### [What the exercise asks]
Go through the lines below and retype each one exactly.

* * * * * * *

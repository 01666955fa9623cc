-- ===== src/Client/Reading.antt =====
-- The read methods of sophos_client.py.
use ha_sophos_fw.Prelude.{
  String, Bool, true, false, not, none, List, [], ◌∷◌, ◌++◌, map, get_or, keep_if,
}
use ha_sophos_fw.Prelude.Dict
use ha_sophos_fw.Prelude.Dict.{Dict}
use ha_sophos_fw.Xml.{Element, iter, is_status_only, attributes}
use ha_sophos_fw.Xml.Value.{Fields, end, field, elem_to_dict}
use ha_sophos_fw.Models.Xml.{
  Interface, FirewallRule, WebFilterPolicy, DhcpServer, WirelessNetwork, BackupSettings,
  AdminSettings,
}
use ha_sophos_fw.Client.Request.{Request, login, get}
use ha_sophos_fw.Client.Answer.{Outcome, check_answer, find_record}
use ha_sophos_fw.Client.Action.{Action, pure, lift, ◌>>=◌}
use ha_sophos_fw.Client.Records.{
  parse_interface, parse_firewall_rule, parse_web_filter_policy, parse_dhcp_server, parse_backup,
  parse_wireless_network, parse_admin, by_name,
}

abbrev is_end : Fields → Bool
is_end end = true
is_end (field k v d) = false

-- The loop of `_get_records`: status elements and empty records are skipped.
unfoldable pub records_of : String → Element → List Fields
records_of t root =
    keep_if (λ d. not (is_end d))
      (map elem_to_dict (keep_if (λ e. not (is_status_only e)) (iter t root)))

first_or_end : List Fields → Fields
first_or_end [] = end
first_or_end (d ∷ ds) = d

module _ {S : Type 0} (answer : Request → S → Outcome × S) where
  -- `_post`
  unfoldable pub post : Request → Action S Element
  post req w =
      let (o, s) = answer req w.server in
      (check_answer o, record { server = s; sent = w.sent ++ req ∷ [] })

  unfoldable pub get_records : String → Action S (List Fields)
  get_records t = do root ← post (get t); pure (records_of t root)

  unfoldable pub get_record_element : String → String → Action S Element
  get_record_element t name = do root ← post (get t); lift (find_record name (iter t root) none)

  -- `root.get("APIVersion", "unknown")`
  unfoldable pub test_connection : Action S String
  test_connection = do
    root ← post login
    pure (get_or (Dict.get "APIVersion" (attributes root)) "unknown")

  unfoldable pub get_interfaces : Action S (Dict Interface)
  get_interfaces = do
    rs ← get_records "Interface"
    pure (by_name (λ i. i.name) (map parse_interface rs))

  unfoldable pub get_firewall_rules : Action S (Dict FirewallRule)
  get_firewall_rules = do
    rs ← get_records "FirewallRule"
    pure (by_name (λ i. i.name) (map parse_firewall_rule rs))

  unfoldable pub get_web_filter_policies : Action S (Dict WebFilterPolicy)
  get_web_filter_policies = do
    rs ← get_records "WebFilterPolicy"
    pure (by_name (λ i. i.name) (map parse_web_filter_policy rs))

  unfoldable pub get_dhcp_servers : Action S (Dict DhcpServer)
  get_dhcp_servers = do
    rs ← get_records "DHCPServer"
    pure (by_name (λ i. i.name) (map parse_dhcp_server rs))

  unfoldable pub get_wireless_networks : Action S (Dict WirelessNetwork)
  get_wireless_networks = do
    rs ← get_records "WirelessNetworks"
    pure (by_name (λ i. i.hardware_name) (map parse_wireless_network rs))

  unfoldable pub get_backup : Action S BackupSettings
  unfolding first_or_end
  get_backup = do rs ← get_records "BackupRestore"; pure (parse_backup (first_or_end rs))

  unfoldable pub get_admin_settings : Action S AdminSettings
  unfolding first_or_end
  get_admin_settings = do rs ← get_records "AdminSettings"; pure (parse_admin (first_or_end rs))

* * * * * * *

### [Solution to this exercise]
repository 01666955fa9623cc
-- ===== src/Client/Reading.antt =====
-- The read methods of sophos_client.py.
use ha_sophos_fw.Prelude.{
  String, Bool, true, false, not, none, List, [], ◌∷◌, ◌++◌, map, get_or, keep_if,
}
use ha_sophos_fw.Prelude.Dict
use ha_sophos_fw.Prelude.Dict.{Dict}
use ha_sophos_fw.Xml.{Element, iter, is_status_only, attributes}
use ha_sophos_fw.Xml.Value.{Fields, end, field, elem_to_dict}
use ha_sophos_fw.Models.Xml.{
  Interface, FirewallRule, WebFilterPolicy, DhcpServer, WirelessNetwork, BackupSettings,
  AdminSettings,
}
use ha_sophos_fw.Client.Request.{Request, login, get}
use ha_sophos_fw.Client.Answer.{Outcome, check_answer, find_record}
use ha_sophos_fw.Client.Action.{Action, pure, lift, ◌>>=◌}
use ha_sophos_fw.Client.Records.{
  parse_interface, parse_firewall_rule, parse_web_filter_policy, parse_dhcp_server, parse_backup,
  parse_wireless_network, parse_admin, by_name,
}

abbrev is_end : Fields → Bool
is_end end = true
is_end (field k v d) = false

-- The loop of `_get_records`: status elements and empty records are skipped.
unfoldable pub records_of : String → Element → List Fields
records_of t root =
    keep_if (λ d. not (is_end d))
      (map elem_to_dict (keep_if (λ e. not (is_status_only e)) (iter t root)))

first_or_end : List Fields → Fields
first_or_end [] = end
first_or_end (d ∷ ds) = d

module _ {S : Type 0} (answer : Request → S → Outcome × S) where
  -- `_post`
  unfoldable pub post : Request → Action S Element
  post req w =
      let (o, s) = answer req w.server in
      (check_answer o, record { server = s; sent = w.sent ++ req ∷ [] })

  unfoldable pub get_records : String → Action S (List Fields)
  get_records t = do root ← post (get t); pure (records_of t root)

  unfoldable pub get_record_element : String → String → Action S Element
  get_record_element t name = do root ← post (get t); lift (find_record name (iter t root) none)

  -- `root.get("APIVersion", "unknown")`
  unfoldable pub test_connection : Action S String
  test_connection = do
    root ← post login
    pure (get_or (Dict.get "APIVersion" (attributes root)) "unknown")

  unfoldable pub get_interfaces : Action S (Dict Interface)
  get_interfaces = do
    rs ← get_records "Interface"
    pure (by_name (λ i. i.name) (map parse_interface rs))

  unfoldable pub get_firewall_rules : Action S (Dict FirewallRule)
  get_firewall_rules = do
    rs ← get_records "FirewallRule"
    pure (by_name (λ i. i.name) (map parse_firewall_rule rs))

  unfoldable pub get_web_filter_policies : Action S (Dict WebFilterPolicy)
  get_web_filter_policies = do
    rs ← get_records "WebFilterPolicy"
    pure (by_name (λ i. i.name) (map parse_web_filter_policy rs))

  unfoldable pub get_dhcp_servers : Action S (Dict DhcpServer)
  get_dhcp_servers = do
    rs ← get_records "DHCPServer"
    pure (by_name (λ i. i.name) (map parse_dhcp_server rs))

  unfoldable pub get_wireless_networks : Action S (Dict WirelessNetwork)
  get_wireless_networks = do
    rs ← get_records "WirelessNetworks"
    pure (by_name (λ i. i.hardware_name) (map parse_wireless_network rs))

  unfoldable pub get_backup : Action S BackupSettings
  unfolding first_or_end
  get_backup = do rs ← get_records "BackupRestore"; pure (parse_backup (first_or_end rs))

  unfoldable pub get_admin_settings : Action S AdminSettings
  unfolding first_or_end
  get_admin_settings = do rs ← get_records "AdminSettings"; pure (parse_admin (first_or_end rs))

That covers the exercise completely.